§ Dataset excerpts:
#####
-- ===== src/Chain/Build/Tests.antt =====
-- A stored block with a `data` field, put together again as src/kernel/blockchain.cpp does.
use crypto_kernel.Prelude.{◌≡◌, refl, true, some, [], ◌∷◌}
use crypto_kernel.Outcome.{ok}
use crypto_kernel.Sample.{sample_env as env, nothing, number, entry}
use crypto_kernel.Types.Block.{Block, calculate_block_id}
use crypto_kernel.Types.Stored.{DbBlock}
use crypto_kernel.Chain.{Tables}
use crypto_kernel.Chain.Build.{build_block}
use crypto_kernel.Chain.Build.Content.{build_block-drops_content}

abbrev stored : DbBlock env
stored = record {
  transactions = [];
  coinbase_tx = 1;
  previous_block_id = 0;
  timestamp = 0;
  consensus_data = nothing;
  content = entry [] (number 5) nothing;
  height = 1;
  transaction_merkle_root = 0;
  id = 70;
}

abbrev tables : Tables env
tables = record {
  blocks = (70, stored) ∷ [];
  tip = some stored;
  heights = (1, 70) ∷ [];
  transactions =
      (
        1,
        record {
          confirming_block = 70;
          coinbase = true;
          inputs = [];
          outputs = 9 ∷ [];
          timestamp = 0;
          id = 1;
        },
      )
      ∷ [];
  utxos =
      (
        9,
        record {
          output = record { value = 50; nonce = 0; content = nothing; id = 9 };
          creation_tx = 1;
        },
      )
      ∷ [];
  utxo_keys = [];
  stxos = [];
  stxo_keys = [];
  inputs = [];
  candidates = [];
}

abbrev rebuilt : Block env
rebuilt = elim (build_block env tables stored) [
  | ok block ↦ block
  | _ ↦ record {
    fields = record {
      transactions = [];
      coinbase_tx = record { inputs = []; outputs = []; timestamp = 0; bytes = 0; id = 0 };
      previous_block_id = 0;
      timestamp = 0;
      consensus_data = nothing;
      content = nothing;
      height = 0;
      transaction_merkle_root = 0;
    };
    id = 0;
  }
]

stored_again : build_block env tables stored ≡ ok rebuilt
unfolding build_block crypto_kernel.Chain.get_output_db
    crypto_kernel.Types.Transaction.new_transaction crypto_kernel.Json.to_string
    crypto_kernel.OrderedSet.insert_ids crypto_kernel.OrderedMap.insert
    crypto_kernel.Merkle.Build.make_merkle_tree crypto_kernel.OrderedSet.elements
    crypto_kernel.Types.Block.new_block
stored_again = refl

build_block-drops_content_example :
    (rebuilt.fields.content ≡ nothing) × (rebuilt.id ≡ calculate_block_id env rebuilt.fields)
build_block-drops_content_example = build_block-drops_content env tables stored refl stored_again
#####
§ Problem details: Nothing but a number is expected here: the number of lines above that hold the word "timestamp".

§ Result below: 4